▶ _WHAT THIS TASK INVOLVES_
Below is a listing; repeat exactly the lines from the one containing "unfoldable pub decode_operands" to the one containing "overloads div2 = with_acc", both included.

▶ _SUPPLIED INFORMATION_
-- ===== src/Interpreter/Decode.antt =====
-- CheckRegsType and CheckRegsTypeWithAcc of interpreter/interpreter.h, and the choice of an overload
-- by DecodeAndResolve: interpreter/templates/inst_decoder.cpp.erb over the groups of isa/isa.yaml.
pub mod Checks
use k3s_virtual_machine.Base.{
  ℕ, zero, suc, ◌+◌, Bool, true, false, ◌||◌, Option, none, some, List, [], ◌∷◌, Outcome, ok, err,
  ◌>>=◌, from_option, unresolved_overload, if◌then◌else◌,
}
use k3s_virtual_machine.Interpreter.Register.{
  Register, RegType, num, arr, str, obj, func, any, type_eq,
}
use k3s_virtual_machine.Interpreter.Isa.{
  BytecodeInstruction, Opcode, jump, ble, blt, bge, bne, call, ret, getthis, stnull, ldai, lda, sta,
  mov, add, sub, mul, div, mod_, add2, sub2, div2, mul2, deca, newarr, setelem, getelem, dump,
  dumpa, getarg0, getarg1, setret0, setarg0, setarg1, getret0, opcode_of, first_near_reg,
  second_near_reg, first_far_reg, immediate,
}
use k3s_virtual_machine.Interpreter.Machine.{Machine, get_reg, get_acc}

abbrev fits : RegType → Register → Bool
fits t r = type_eq t any || type_eq r.type t

-- The recursion over the template's types stops at the last register with `true`.
unfoldable pub check_regs_type : Machine → List (RegType × ℕ) → Outcome Bool
unfolding type_eq
check_regs_type m [] = ok true
check_regs_type m ((t, id) ∷ []) = do r ← get_reg m id; ok true
check_regs_type m ((t, id) ∷ s ∷ rest) = do
  r ← get_reg m id
  let tail = check_regs_type m (s ∷ rest)
  if fits t r then tail else ok false

unfoldable pub check_regs_type_with_acc : Machine → RegType → List (RegType × ℕ) → Outcome Bool
unfolding check_regs_type
check_regs_type_with_acc m acc_type regs = do
  acc ← get_acc m
  if fits acc_type acc then check_regs_type m regs else ok false

pub data Signature : Type 0 where
  opc_r4_r4 opc_r8 opc_i8 opc : Signature

-- The fields that the decoder holds after an instruction.
pub record Operands : Type 0 where
  pub first_reg : ℕ
  pub second_reg : ℕ
  pub imm : ℕ

abbrev operands : ℕ → ℕ → ℕ → Operands
operands a b i = record { first_reg = a; second_reg = b; imm = i }

-- A field that a signature does not set is not read by its handlers.
unfoldable pub decode_operands : Signature → ℕ → Operands
unfolding first_near_reg second_near_reg first_far_reg immediate
decode_operands opc_r4_r4 o = operands (first_near_reg o) (second_near_reg o) 0
decode_operands opc_r8 o = operands (first_far_reg o) 0 0
decode_operands opc_i8 o = operands 0 0 (immediate o)
decode_operands opc o = operands 0 0 0

unfoldable pub signature : Opcode → Signature
signature jump = opc_i8
signature ble = opc_i8
signature blt = opc_i8
signature bge = opc_i8
signature bne = opc_i8
signature call = opc
signature ret = opc
signature ldai = opc_i8
signature mov = opc_r4_r4
signature add = opc_r4_r4
signature sub = opc_r4_r4
signature mul = opc_r4_r4
signature div = opc_r4_r4
signature mod_ = opc_r4_r4
signature deca = opc
signature setelem = opc_r4_r4
signature getelem = opc_r4_r4
signature dumpa = opc
signature _ = opc_r8

-- What an overload asks of the accumulator and of the registers.
pub record Overload : Type 0 where
  pub acc : Option RegType
  pub regs : List RegType

abbrev on_regs : List RegType → Overload
on_regs ts = record { acc = none; regs = ts }

abbrev with_acc : RegType → List RegType → Overload
with_acc t ts = record { acc = some t; regs = ts }

unfoldable pub overloads : Opcode → List Overload
overloads ble = with_acc num [] ∷ []
overloads blt = with_acc num [] ∷ []
overloads bge = with_acc num [] ∷ []
overloads bne = with_acc num [] ∷ []
overloads call = with_acc func [] ∷ []
overloads lda = on_regs (any ∷ []) ∷ []
overloads sta = with_acc any [] ∷ []
overloads mov = on_regs (any ∷ []) ∷ []
overloads add = on_regs (num ∷ num ∷ []) ∷ on_regs (str ∷ str ∷ []) ∷ []
overloads sub = on_regs (num ∷ num ∷ []) ∷ []
overloads mul = on_regs (num ∷ num ∷ []) ∷ []
overloads div = on_regs (num ∷ num ∷ []) ∷ []
overloads mod_ = on_regs (num ∷ num ∷ []) ∷ []
overloads add2 = with_acc num (num ∷ []) ∷ with_acc str (str ∷ []) ∷ with_acc arr (num ∷ []) ∷ []
overloads sub2 = with_acc num (num ∷ []) ∷ with_acc arr (num ∷ []) ∷ []
overloads div2 = with_acc num (num ∷ []) ∷ with_acc arr (num ∷ []) ∷ []
overloads mul2 = with_acc num (num ∷ []) ∷ with_acc arr (num ∷ []) ∷ []
overloads deca = with_acc num [] ∷ []
overloads newarr = on_regs (num ∷ []) ∷ []
overloads setelem = with_acc any (arr ∷ num ∷ []) ∷ with_acc any (obj ∷ str ∷ []) ∷ []
overloads getelem = on_regs (arr ∷ num ∷ []) ∷ on_regs (obj ∷ str ∷ []) ∷ []
overloads dump = on_regs (any ∷ []) ∷ []
overloads dumpa = with_acc any [] ∷ []
overloads setret0 = on_regs (any ∷ []) ∷ []
overloads setarg0 = with_acc func (any ∷ []) ∷ []
overloads setarg1 = with_acc func (any ∷ []) ∷ []
overloads getret0 = with_acc func [] ∷ []
overloads _ = on_regs [] ∷ []

-- Registers are numbered in the order of the operands.
abbrev zip_regs : List RegType → ℕ → ℕ → List (RegType × ℕ)
zip_regs [] a b = []
zip_regs (t ∷ []) a b = (t, a) ∷ []
zip_regs (t ∷ u ∷ _) a b = (t, a) ∷ (u, b) ∷ []

unfoldable pub accepts : Machine → Operands → Overload → Outcome Bool
unfolding check_regs_type check_regs_type_with_acc
accepts m o v = elim v.acc [
  | none ↦ check_regs_type m (zip_regs v.regs o.first_reg o.second_reg)
  | some t ↦ check_regs_type_with_acc m t (zip_regs v.regs o.first_reg o.second_reg)
]

-- The first overload that the registers fit.
unfoldable pub first_overload : Machine → Operands → List Overload → Outcome ℕ
unfolding accepts
first_overload m o [] = err unresolved_overload
first_overload m o (v ∷ vs) = do
  fitting ← accepts m o v
  let rest = (do n ← first_overload m o vs; ok (suc n))
  if fitting then ok 0 else rest

unfoldable pub decode_and_resolve : Machine → BytecodeInstruction → Outcome (Opcode × ℕ × Operands)
unfolding opcode_of signature overloads decode_operands first_overload
decode_and_resolve m inst = do
  opcode ← from_option unresolved_overload (opcode_of inst.opcode)
  let o = decode_operands (signature opcode) inst.operands
  n ← first_overload m o (overloads opcode)
  ok (opcode, n, o)
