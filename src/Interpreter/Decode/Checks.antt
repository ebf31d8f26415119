-- ===== src/Interpreter/Decode/Checks.antt =====
-- What CheckRegsType of interpreter/interpreter.h looks at.
use k3s_virtual_machine.Base.{
  ℕ, ap, ◌≡◌, refl, ◌++◌, List, [], ◌∷◌, ok, err, ◌>>=◌, false, if◌then◌else◌, arith,
  unresolved_overload,
}
use k3s_virtual_machine.Interpreter.Register.{Register, RegType, num, str, type_eq}
use k3s_virtual_machine.Interpreter.Isa.{add}
use k3s_virtual_machine.Interpreter.Machine.{Machine, get_reg}
use k3s_virtual_machine.Interpreter.Decode.{
  check_regs_type, fits, Operands, overloads, first_overload, accepts,
}

-- Whatever registers come before it, the type that CheckRegsType is asked for in the last register
-- does not change its answer.
pub check_regs_type-last :
    (m : Machine) (before : List (RegType × ℕ)) (t u : RegType) (id : ℕ)
    → check_regs_type m (before ++ (t, id) ∷ []) ≡ check_regs_type m (before ++ (u, id) ∷ [])
unfolding check_regs_type
check_regs_type-last m [] t u id = refl
check_regs_type-last m ((s, i) ∷ []) t u id = refl
check_regs_type-last m ((s, i) ∷ (s', i') ∷ before) t u id =
    ap (λ tail. get_reg m i >>= λ r. if fits s r then tail else ok false)
      (check_regs_type-last m ((s', i') ∷ before) t u id)

-- When both registers can be read, the overload of ADD follows from the first register alone:
-- overload 0 for a number, overload 1 for a string, and otherwise the failure to resolve, whatever
-- the second register holds.
pub first_overload-add :
    (m : Machine) (o : Operands) (x y : Register)
    → get_reg m o.first_reg ≡ ok x
    → get_reg m o.second_reg ≡ ok y
    → first_overload m o (overloads add) ≡ (
        if type_eq x.type num
        then ok 0
        else if type_eq x.type str
        then ok 1
        else err unresolved_overload)
unfolding first_overload overloads accepts check_regs_type type_eq
first_overload-add m o x y h k = ground arith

▶ _RESPONSE TO THIS TASK_
unfoldable pub decode_operands : Signature → ℕ → Operands
unfolding first_near_reg second_near_reg first_far_reg immediate
decode_operands opc_r4_r4 o = operands (first_near_reg o) (second_near_reg o) 0
decode_operands opc_r8 o = operands (first_far_reg o) 0 0
decode_operands opc_i8 o = operands 0 0 (immediate o)
decode_operands opc o = operands 0 0 0

unfoldable pub signature : Opcode → Signature
signature jump = opc_i8
signature ble = opc_i8
signature blt = opc_i8
signature bge = opc_i8
signature bne = opc_i8
signature call = opc
signature ret = opc
signature ldai = opc_i8
signature mov = opc_r4_r4
signature add = opc_r4_r4
signature sub = opc_r4_r4
signature mul = opc_r4_r4
signature div = opc_r4_r4
signature mod_ = opc_r4_r4
signature deca = opc
signature setelem = opc_r4_r4
signature getelem = opc_r4_r4
signature dumpa = opc
signature _ = opc_r8

-- What an overload asks of the accumulator and of the registers.
pub record Overload : Type 0 where
  pub acc : Option RegType
  pub regs : List RegType

abbrev on_regs : List RegType → Overload
on_regs ts = record { acc = none; regs = ts }

abbrev with_acc : RegType → List RegType → Overload
with_acc t ts = record { acc = some t; regs = ts }

unfoldable pub overloads : Opcode → List Overload
overloads ble = with_acc num [] ∷ []
overloads blt = with_acc num [] ∷ []
overloads bge = with_acc num [] ∷ []
overloads bne = with_acc num [] ∷ []
overloads call = with_acc func [] ∷ []
overloads lda = on_regs (any ∷ []) ∷ []
overloads sta = with_acc any [] ∷ []
overloads mov = on_regs (any ∷ []) ∷ []
overloads add = on_regs (num ∷ num ∷ []) ∷ on_regs (str ∷ str ∷ []) ∷ []
overloads sub = on_regs (num ∷ num ∷ []) ∷ []
overloads mul = on_regs (num ∷ num ∷ []) ∷ []
overloads div = on_regs (num ∷ num ∷ []) ∷ []
overloads mod_ = on_regs (num ∷ num ∷ []) ∷ []
overloads add2 = with_acc num (num ∷ []) ∷ with_acc str (str ∷ []) ∷ with_acc arr (num ∷ []) ∷ []
overloads sub2 = with_acc num (num ∷ []) ∷ with_acc arr (num ∷ []) ∷ []
overloads div2 = with_acc num (num ∷ []) ∷ with_acc arr (num ∷ []) ∷ []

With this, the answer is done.